How to complete this task: For the material below, return exactly the lines starting at the line containing "(fits : suc" and ending at the line containing "other j l u", both ends included, and no others.

Data section:
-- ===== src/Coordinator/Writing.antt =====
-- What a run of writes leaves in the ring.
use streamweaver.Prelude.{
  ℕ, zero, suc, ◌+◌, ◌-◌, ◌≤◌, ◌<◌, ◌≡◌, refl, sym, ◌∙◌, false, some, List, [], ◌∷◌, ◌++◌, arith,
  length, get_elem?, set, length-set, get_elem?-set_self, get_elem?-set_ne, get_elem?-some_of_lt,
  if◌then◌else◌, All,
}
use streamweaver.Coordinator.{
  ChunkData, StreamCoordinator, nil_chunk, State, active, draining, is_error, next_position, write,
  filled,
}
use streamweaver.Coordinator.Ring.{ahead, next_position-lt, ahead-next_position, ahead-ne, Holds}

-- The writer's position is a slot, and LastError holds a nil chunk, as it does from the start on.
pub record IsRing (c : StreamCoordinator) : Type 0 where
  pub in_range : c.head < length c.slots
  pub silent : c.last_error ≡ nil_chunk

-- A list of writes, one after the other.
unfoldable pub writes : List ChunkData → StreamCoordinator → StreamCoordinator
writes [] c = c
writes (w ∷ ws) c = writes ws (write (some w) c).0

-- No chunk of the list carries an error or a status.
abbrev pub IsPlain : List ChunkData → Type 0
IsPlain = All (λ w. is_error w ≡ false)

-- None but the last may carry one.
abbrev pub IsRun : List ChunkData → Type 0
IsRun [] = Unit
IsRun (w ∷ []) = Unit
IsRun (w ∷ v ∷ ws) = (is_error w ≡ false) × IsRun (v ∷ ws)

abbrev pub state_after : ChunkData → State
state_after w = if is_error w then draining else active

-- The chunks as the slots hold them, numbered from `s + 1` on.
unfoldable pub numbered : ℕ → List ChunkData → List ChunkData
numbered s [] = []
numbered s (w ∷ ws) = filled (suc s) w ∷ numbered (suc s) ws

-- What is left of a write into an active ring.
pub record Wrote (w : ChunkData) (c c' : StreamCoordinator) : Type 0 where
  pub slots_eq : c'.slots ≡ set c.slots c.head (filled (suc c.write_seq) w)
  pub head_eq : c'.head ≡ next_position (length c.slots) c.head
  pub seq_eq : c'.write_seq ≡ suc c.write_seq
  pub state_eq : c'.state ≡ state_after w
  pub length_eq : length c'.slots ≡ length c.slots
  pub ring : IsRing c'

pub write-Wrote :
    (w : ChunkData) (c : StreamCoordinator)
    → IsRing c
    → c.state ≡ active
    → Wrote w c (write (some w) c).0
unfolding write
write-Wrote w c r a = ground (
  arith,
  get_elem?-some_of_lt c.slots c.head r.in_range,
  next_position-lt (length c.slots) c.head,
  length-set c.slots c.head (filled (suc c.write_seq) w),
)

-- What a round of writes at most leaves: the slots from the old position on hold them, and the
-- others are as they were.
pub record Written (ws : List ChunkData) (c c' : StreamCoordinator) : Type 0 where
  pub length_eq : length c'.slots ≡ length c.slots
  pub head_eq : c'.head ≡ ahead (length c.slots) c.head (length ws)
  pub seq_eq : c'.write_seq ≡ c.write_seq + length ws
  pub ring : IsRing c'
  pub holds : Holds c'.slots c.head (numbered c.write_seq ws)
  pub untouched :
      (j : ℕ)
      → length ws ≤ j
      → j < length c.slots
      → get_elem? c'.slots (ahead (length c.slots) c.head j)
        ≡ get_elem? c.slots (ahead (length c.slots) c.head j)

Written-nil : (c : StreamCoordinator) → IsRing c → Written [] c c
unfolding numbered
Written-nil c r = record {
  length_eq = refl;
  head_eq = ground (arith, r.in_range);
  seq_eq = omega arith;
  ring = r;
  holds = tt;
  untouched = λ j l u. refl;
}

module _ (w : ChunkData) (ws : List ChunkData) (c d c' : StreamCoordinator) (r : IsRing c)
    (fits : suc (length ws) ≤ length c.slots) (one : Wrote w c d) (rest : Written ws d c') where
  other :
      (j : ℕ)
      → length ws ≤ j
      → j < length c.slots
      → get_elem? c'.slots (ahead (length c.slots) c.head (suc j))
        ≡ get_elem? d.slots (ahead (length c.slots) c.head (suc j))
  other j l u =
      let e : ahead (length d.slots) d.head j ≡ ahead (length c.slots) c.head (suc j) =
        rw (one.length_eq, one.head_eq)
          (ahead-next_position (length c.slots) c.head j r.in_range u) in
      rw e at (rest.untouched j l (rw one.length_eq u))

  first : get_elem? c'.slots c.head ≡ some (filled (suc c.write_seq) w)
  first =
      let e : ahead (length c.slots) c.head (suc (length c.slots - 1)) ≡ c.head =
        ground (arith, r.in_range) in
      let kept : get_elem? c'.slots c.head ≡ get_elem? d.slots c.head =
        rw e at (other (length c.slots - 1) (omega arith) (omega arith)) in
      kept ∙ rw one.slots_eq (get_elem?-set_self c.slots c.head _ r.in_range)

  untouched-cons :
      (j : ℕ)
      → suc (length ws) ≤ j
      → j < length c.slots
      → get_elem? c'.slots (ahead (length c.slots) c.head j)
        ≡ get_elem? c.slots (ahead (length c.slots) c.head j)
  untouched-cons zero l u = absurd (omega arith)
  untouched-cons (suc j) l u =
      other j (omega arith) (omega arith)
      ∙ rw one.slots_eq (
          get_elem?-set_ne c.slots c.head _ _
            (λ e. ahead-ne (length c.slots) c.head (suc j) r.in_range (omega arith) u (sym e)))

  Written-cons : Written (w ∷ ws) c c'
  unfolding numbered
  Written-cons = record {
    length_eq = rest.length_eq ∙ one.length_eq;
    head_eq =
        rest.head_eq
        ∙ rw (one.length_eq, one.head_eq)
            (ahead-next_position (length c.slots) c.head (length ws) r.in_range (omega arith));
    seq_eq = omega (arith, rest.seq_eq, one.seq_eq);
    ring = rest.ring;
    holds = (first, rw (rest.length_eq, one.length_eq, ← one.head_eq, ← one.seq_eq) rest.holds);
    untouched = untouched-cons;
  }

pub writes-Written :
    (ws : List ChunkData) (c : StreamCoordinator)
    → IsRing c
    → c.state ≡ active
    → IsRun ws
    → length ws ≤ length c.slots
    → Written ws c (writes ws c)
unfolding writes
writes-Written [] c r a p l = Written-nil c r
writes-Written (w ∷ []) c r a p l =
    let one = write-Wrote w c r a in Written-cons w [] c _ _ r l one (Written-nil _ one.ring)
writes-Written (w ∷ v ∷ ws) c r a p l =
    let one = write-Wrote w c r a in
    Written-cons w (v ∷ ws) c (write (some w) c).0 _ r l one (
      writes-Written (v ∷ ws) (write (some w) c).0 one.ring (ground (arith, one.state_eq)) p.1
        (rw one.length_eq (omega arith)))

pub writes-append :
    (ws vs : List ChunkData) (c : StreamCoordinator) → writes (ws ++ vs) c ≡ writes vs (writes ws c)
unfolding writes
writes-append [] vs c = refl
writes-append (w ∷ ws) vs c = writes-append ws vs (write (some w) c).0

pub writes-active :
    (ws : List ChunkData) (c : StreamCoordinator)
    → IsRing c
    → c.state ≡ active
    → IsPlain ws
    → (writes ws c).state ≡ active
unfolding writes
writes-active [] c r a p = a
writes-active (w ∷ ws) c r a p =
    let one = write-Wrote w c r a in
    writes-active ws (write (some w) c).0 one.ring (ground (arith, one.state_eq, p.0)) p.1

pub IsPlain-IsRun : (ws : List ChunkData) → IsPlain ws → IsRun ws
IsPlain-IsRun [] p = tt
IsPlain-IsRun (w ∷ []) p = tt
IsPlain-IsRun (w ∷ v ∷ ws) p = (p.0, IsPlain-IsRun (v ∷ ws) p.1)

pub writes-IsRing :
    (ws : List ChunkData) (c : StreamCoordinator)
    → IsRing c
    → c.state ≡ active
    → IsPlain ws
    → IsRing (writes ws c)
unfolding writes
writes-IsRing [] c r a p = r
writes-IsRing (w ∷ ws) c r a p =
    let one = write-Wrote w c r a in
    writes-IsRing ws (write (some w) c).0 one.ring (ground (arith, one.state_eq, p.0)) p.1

Written answer:
    (fits : suc (length ws) ≤ length c.slots) (one : Wrote w c d) (rest : Written ws d c') where
  other :
      (j : ℕ)
      → length ws ≤ j
      → j < length c.slots
      → get_elem? c'.slots (ahead (length c.slots) c.head (suc j))
        ≡ get_elem? d.slots (ahead (length c.slots) c.head (suc j))
  other j l u =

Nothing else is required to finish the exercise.